Bootstrap is quite web focused still so I guess it will come when support for
IE9 is not expected.

Though if you are doing an mobile/tablet only solution I would probably use
flexbox only now. As long as you keep to the 2012 spec, you should be ok.

[http://caniuse.com/#feat=flexbox](http://caniuse.com/#feat=flexbox)

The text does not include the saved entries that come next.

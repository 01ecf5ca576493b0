-- ===== src/Memory/Paging/Translate.antt =====
-- `translate_page` finds what `map_page` maps.
use xivix.Base.{
  ℕ, ◌+◌, ◌/◌, ◌%◌, ◌≤◌, ◌<◌, ◌≡◌, refl, bit_and, true, false, ◌==◌, ◌&&◌, has, arith, ◌≢◌, ◌⊎◌,
  Bool-cases, inl, inr, sym, ◌∙◌,
}
use xivix.Base.Word.{u32}
use xivix.Memory.{PageAllocator, allocate_res}
use xivix.Memory.Paging.{
  Paging, write, index_entry, get_table, ofs_dp, ofs_d, ofs_t, translate_page, add_table, new_table,
  map_table, set_page, map_page,
}
use xivix.Memory.Paging.Entry.{
  page_entry-address, join_address, dir_entry_flags, index_entry-address,
}

module _ (dp d : ℕ) (s : Paging) where
  -- There is a page table, or the reserve has a page for one.
  abbrev pub HasTable : Type 0
  HasTable = (get_table dp d s ≢ 0) ⊎ (0x1000 ≤ u32 (allocate_res 1 8 s.vmm).0)

  new_table-table :
      (r : ℕ × PageAllocator)
      → get_table dp d (new_table dp d r s) ≡ bit_and (index_entry (u32 r.0)) 0xffff_f000
  unfolding new_table get_table write
  new_table-table (ptr, vmm) = ground arith

  add_table-table : HasTable → get_table dp d (add_table dp d s) ≢ 0
  unfolding add_table
  add_table-table ok = elim (Bool-cases (get_table dp d s == 0)) [
    | inr there ↦ rw there (λ e. absurd (ground arith))
    | inl missing ↦
        let r = allocate_res 1 8 s.vmm in
        let room : 0x1000 ≤ u32 r.0 = elim ok [
          | inl there ↦ absurd (ground arith)
          | inr room ↦ room
        ] in
        rw missing (λ e.
          absurd
            (omega (arith, e, new_table-table r, index_entry-address (u32 r.0) (omega arith) room)))
  ]

  add_table-entry : (i j : ℕ) → (add_table dp d s).entry i j ≡ s.entry i j
  unfolding add_table new_table
  add_table-entry i j = ground arith

  module _ (small : (has (s.entry dp d) 1 && has (s.entry dp d) 0x80) ≡ false) where
    map_table_flags :
        (has ((map_table dp d s).entry dp d) 1 ≡ true)
        × (has ((map_table dp d s).entry dp d) 0x80 ≡ false)
    unfolding map_table write
    map_table_flags = ground (arith, small, dir_entry_flags (translate_page (get_table dp d s) s))

  map_table-index : get_table dp d (map_table dp d s) ≡ get_table dp d s
  unfolding map_table get_table
  map_table-index = ground arith

pub get_table-set_page :
    (dp d phy t f : ℕ) (s : Paging) → get_table dp d (set_page phy t f s) ≡ get_table dp d s
unfolding get_table set_page
get_table-set_page dp d phy t f s = refl

pub set_page-translate :
    (phy t t' f : ℕ) (s : Paging)
    → phy % 0x1000 ≡ 0
    → phy < 0x1_0000_0000
    → t' / 0x1000 ≡ t / 0x1000
    → get_table (ofs_dp t) (ofs_d t) s ≢ 0
    → has (s.entry (ofs_dp t) (ofs_d t)) 1 ≡ true
    → has (s.entry (ofs_dp t) (ofs_d t)) 0x80 ≡ false
    → translate_page t' (set_page phy t f s) ≡ phy + t' % 0x1000
unfolding translate_page set_page write
set_page-translate phy t t' f s aligned below page table is_present not_large =
    let e1 : ofs_dp t' ≡ ofs_dp t = omega (arith, page) in
    let e2 : ofs_d t' ≡ ofs_d t = omega (arith, page) in
    let e3 : ofs_t t' ≡ ofs_t t = omega (arith, page) in
    let there : (get_table (ofs_dp t) (ofs_d t) s == 0) ≡ false = ground (arith, table) in
    let table_same : (get_table (ofs_dp t) (ofs_d t) s == get_table (ofs_dp t) (ofs_d t) s) ≡ true =
      ground arith in
    let place_same : (ofs_t t == ofs_t t) ≡ true = ground arith in
    rw
      (
        e1,
        e2,
        e3,
        is_present,
        not_large,
        get_table-set_page (ofs_dp t) (ofs_d t) phy t f s,
        there,
        table_same,
        place_same,
        page_entry-address phy f aligned below,
      )
      (join_address phy t' aligned)

-- After `map_page` of a small page, `translate_page` gives the physical address of each byte of the page:
-- where the page is at a multiple of its size below 4 GB, the directory has no large page there, and there is
-- a page table or the reserve has a page for one.
pub map_page-translate :
    (phy t t' f : ℕ) (s : Paging)
    → phy % 0x1000 ≡ 0
    → phy < 0x1_0000_0000
    → t' / 0x1000 ≡ t / 0x1000
    → has f 0x80 ≡ false
    → (has (s.entry (ofs_dp t) (ofs_d t)) 1 && has (s.entry (ofs_dp t) (ofs_d t)) 0x80) ≡ false
    → HasTable (ofs_dp t) (ofs_d t) s
    → translate_page t' (map_page phy t f s) ≡ phy + t' % 0x1000
unfolding map_page
map_page-translate phy t t' f s aligned below page small free table =
    let dp : ℕ = ofs_dp t in
    let d : ℕ = ofs_d t in
    let s1 = add_table dp d s in
    let s2 = map_table dp d s1 in
    let free1 : (has (s1.entry dp d) 1 && has (s1.entry dp d) 0x80) ≡ false =
      rw (add_table-entry dp d s dp d) free in
    let flags = map_table_flags dp d s1 free1 in
    rw (small, free)
      (set_page-translate phy t t' f s2 aligned below page
        (λ e. add_table-table dp d s table (sym (map_table-index dp d s1) ∙ e)) flags.0 flags.1)
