-- ===== src/Memory/Paging/Range.antt =====
-- The loop of `vmm_request` over pages whose tables are there: each page is mapped, and stays so.
use xivix.Base.{
  ℕ, zero, suc, ◌+◌, ◌*◌, ◌/◌, ◌%◌, ◌≤◌, ◌<◌, ◌≡◌, refl, true, false, ◌==◌, ◌&&◌, has, arith, ◌≢◌,
  inl, inr, Bool-cases, ◌∙◌, subst, ap,
}
use xivix.Memory.Paging.{
  Paging, write, get_table, ofs_dp, ofs_d, ofs_t, translate_page, add_table, map_table, set_page,
  page_entry, map_page, map_pages,
}
use xivix.Memory.Paging.Translate.{set_page-translate}

-- The page table for the address is there, and no large page.
abbrev pub Ready : ℕ → Paging → Type 0
Ready t s =
    (has (s.entry (ofs_dp t) (ofs_d t)) 1 ≡ true)
    × (has (s.entry (ofs_dp t) (ofs_d t)) 0x80 ≡ false)
    × (get_table (ofs_dp t) (ofs_d t) s ≢ 0)

-- No two entries of the directories have the same page table.
abbrev pub Separate : Paging → Type 0
Separate s =
    (t t' : ℕ)
    → get_table (ofs_dp t) (ofs_d t) s ≢ 0
    → get_table (ofs_dp t') (ofs_d t') s ≡ get_table (ofs_dp t) (ofs_d t) s
    → (ofs_dp t' ≡ ofs_dp t) × (ofs_d t' ≡ ofs_d t)

-- With its table there, a page is only written to it.
pub map_page-Ready :
    (phy t f : ℕ) (s : Paging)
    → has f 0x80 ≡ false
    → Ready t s
    → map_page phy t f s ≡ set_page phy t f s
unfolding map_page map_table add_table
map_page-Ready phy t f s small ready =
    let there : (get_table (ofs_dp t) (ofs_d t) s == 0) ≡ false = ground (arith, ready.2) in
    rw (small, ready.0, ready.1, there, ready.0) refl

pub set_page-Ready : (phy t f t' : ℕ) (s : Paging) → Ready t' s → Ready t' (set_page phy t f s)
unfolding set_page get_table
set_page-Ready phy t f t' s ready = ready

pub set_page-Separate : (phy t f : ℕ) (s : Paging) → Separate s → Separate (set_page phy t f s)
unfolding set_page get_table
set_page-Separate phy t f s separate = separate

same_page :
    (t t' : ℕ)
    → t < 0x1_0000_0000
    → t' < 0x1_0000_0000
    → ofs_dp t' ≡ ofs_dp t
    → ofs_d t' ≡ ofs_d t
    → ofs_t t' ≡ ofs_t t
    → t' / 0x1000 ≡ t / 0x1000
same_page t t' h k e1 e2 e3 = omega arith

write-other :
    (i j v i' j' : ℕ) (g : ℕ → ℕ → ℕ) → ¬ ((i' ≡ i) × (j' ≡ j)) → write i j v g i' j' ≡ g i' j'
unfolding write
write-other i j v i' j' g other = elim (Bool-cases (i' == i && j' == j)) [
  | inl same ↦ absurd (ground (arith, other))
  | inr differ ↦ rw differ refl
]

-- A page that is written leaves the others as they were.
pub set_page-keeps :
    (phy t f t' : ℕ) (s : Paging)
    → t < 0x1_0000_0000
    → t' < 0x1_0000_0000
    → t' / 0x1000 ≢ t / 0x1000
    → Ready t s
    → Separate s
    → translate_page t' (set_page phy t f s) ≡ translate_page t' s
unfolding translate_page set_page get_table
set_page-keeps phy t f t' s h k other ready separate =
    let place = get_table (ofs_dp t) (ofs_d t) s in
    let place' = get_table (ofs_dp t') (ofs_d t') s in
    let differ : ¬ ((place' ≡ place) × (ofs_t t' ≡ ofs_t t)) =
      λ e. let at = separate t t' ready.2 e.0 in other (same_page t t' h k at.0 at.1 e.1) in
    rw (write-other place (ofs_t t) (page_entry phy f) place' (ofs_t t') s.pte differ) refl

-- The page at `bega` and the `n` pages behind it are ready.
abbrev pub RangeReady : ℕ → ℕ → Paging → Type 0
RangeReady n bega s = (k : ℕ) → k ≤ n → Ready (bega + k * 0x1000) s

module _ (f : ℕ) (small : has f 0x80 ≡ false) where
  first-Ready : (n bega : ℕ) (s : Paging) → RangeReady n bega s → Ready bega s
  first-Ready n bega s ready =
      let here : bega + 0 * 0x1000 ≡ bega = omega arith in
      subst (λ a. Ready a s) here (ready 0 (omega arith))

  rest-RangeReady :
      (n phys bega : ℕ) (s : Paging)
      → RangeReady (suc n) bega s
      → RangeReady n (bega + 0x1000) (set_page phys bega f s)
  rest-RangeReady n phys bega s ready k h =
      let next : bega + suc k * 0x1000 ≡ bega + 0x1000 + k * 0x1000 = omega arith in
      set_page-Ready phys bega f (bega + 0x1000 + k * 0x1000) s
        (subst (λ a. Ready a s) next (ready (suc k) (omega arith)))

  -- The loop allocates nothing.
  pub map_pages-vmm :
      (n phys bega : ℕ) (s : Paging)
      → RangeReady n bega s
      → (map_pages 0x1000 n phys bega f s).vmm ≡ s.vmm
  unfolding map_pages set_page
  map_pages-vmm zero phys bega s ready =
      ap (λ t. t.vmm) (map_page-Ready phys bega f s small (first-Ready zero bega s ready))
  map_pages-vmm (suc n) phys bega s ready =
      let first = first-Ready (suc n) bega s ready in
      ap (λ t. (map_pages 0x1000 n (phys + 0x1000) (bega + 0x1000) f t).vmm)
        (map_page-Ready phys bega f s small first)
      ∙ map_pages-vmm n (phys + 0x1000) (bega + 0x1000) (set_page phys bega f s)
          (rest-RangeReady n phys bega s ready)

  -- The loop leaves the pages below it as they were.
  map_pages-keeps :
      (n phys bega t' : ℕ) (s : Paging)
      → bega + suc n * 0x1000 ≤ 0x1_0000_0000
      → t' / 0x1000 < bega / 0x1000
      → RangeReady n bega s
      → Separate s
      → translate_page t' (map_pages 0x1000 n phys bega f s) ≡ translate_page t' s
  unfolding map_pages
  map_pages-keeps zero phys bega t' s room below ready separate =
      let first = first-Ready zero bega s ready in
      rw (map_page-Ready phys bega f s small first) (
        set_page-keeps phys bega f t' s (omega (arith, room)) (omega (arith, room, below))
          (λ e. absurd (omega (arith, below, e))) first separate)
  map_pages-keeps (suc n) phys bega t' s room below ready separate =
      let first = first-Ready (suc n) bega s ready in
      rw (map_page-Ready phys bega f s small first) (
        map_pages-keeps n (phys + 0x1000) (bega + 0x1000) t' (set_page phys bega f s)
          (omega (arith, room)) (omega (arith, below)) (rest-RangeReady n phys bega s ready)
          (set_page-Separate phys bega f s separate)
        ∙ set_page-keeps phys bega f t' s (omega (arith, room)) (omega (arith, room, below))
            (λ e. absurd (omega (arith, below, e))) first separate)

  -- After the loop has mapped the small page at `bega` and the `n` behind it, `translate_page` gives the
  -- physical address of each byte of each of them, though later pages are written after it: where both ranges are
  -- at multiples of the page size and end at 4 GB or below it, the directories have a page table and no large page
  -- for each, and no two entries of the directories have the same page table.
  pub map_pages-translate :
      (n phys bega k o : ℕ) (s : Paging)
      → k ≤ n
      → o < 0x1000
      → phys % 0x1000 ≡ 0
      → bega % 0x1000 ≡ 0
      → phys + suc n * 0x1000 ≤ 0x1_0000_0000
      → bega + suc n * 0x1000 ≤ 0x1_0000_0000
      → RangeReady n bega s
      → Separate s
      → translate_page (bega + k * 0x1000 + o) (map_pages 0x1000 n phys bega f s)
        ≡ phys + k * 0x1000 + o
  unfolding map_pages
  map_pages-translate zero phys bega zero o s h small_o aligned at room_p room_b ready separate =
      let first = first-Ready zero bega s ready in
      let page : (bega + 0 * 0x1000 + o) / 0x1000 ≡ bega / 0x1000 = omega (arith, at, small_o) in
      rw (map_page-Ready phys bega f s small first) (
        set_page-translate phys bega (bega + 0 * 0x1000 + o) f s aligned (omega (arith, room_p))
          page first.2 first.0 first.1
        ∙ omega (arith, at, small_o))
  map_pages-translate zero phys bega (suc k) o s h small_o aligned at room_p room_b ready separate =
      absurd (omega (arith, h))
  map_pages-translate (suc n) phys bega zero o s h small_o aligned at room_p room_b ready separate =
      let first = first-Ready (suc n) bega s ready in
      let page : (bega + 0 * 0x1000 + o) / 0x1000 ≡ bega / 0x1000 = omega (arith, at, small_o) in
      let part : (bega + 0 * 0x1000 + o) % 0x1000 ≡ o = omega (arith, at, small_o) in
      rw (map_page-Ready phys bega f s small first) (
        map_pages-keeps n (phys + 0x1000) (bega + 0x1000) (bega + 0 * 0x1000 + o)
          (set_page phys bega f s) (omega (arith, room_b)) (omega (arith, page))
          (rest-RangeReady n phys bega s ready) (set_page-Separate phys bega f s separate)
        ∙ set_page-translate phys bega (bega + 0 * 0x1000 + o) f s aligned (omega (arith, room_p))
            page first.2 first.0 first.1
        ∙ omega (arith, part))
  map_pages-translate (suc n) phys bega (suc k) o s h small_o aligned at room_p room_b ready
        separate =
      let first = first-Ready (suc n) bega s ready in
      let next : bega + suc k * 0x1000 + o ≡ bega + 0x1000 + k * 0x1000 + o = omega arith in
      rw (map_page-Ready phys bega f s small first, next)
        (map_pages-translate n (phys + 0x1000) (bega + 0x1000) k o (set_page phys bega f s)
            (omega (arith, h)) small_o (omega (arith, aligned)) (omega (arith, at))
            (omega (arith, room_p)) (omega (arith, room_b)) (rest-RangeReady n phys bega s ready)
            (set_page-Separate phys bega f s separate)
          ∙ omega arith)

Bring on the death of IE9!!

------
Animats
What a blast from the past! It's like looking at Flash sites from a decade
ago.

Compare [https://www.straphq.com/](https://www.straphq.com/) with Jennifer
Estep (author) 2009 [1]

Compare: [http://danielangel.media/](http://danielangel.media/) with Girbaud
(designer jeans, now defunct) 2005 [2] 2012[3]

[1]
[https://web.archive.org/web/20070408092333/http://www.jennif...](https://web.archive.org/web/20070408092333/http://www.jenniferestep.com/)

[2]
[https://web.archive.org/web/20051130094152/http://www.girbau...](https://web.archive.org/web/20051130094152/http://www.girbaud.com/eng/home.html)
[3]
[https://web.archive.org/web/20120207224137/http://www.girbau...](https://web.archive.org/web/20120207224137/http://www.girbaud.com/eng/)

------
ac360
This looks beautiful and it's wonderful to have more options than Bootstrap. I
also recommend Skeleton for anyone who wants a super minimal UI framework:
[https://github.com/dhg/Skeleton](https://github.com/dhg/Skeleton)

------
Tankenstein
Have been using this in production for about 4 months now, still has a lot of
quirks to iron out, but nothing you can't solve pretty fast. It's noticeably
(and obviously) less mature than bootstrap, but it's definitely worth a shot.
I quite recommend it.

------
tinussky
Bootstrap material design has something similar, although it is not matured
yet: [https://github.com/FezVrasta/bootstrap-material-
design](https://github.com/FezVrasta/bootstrap-material-design)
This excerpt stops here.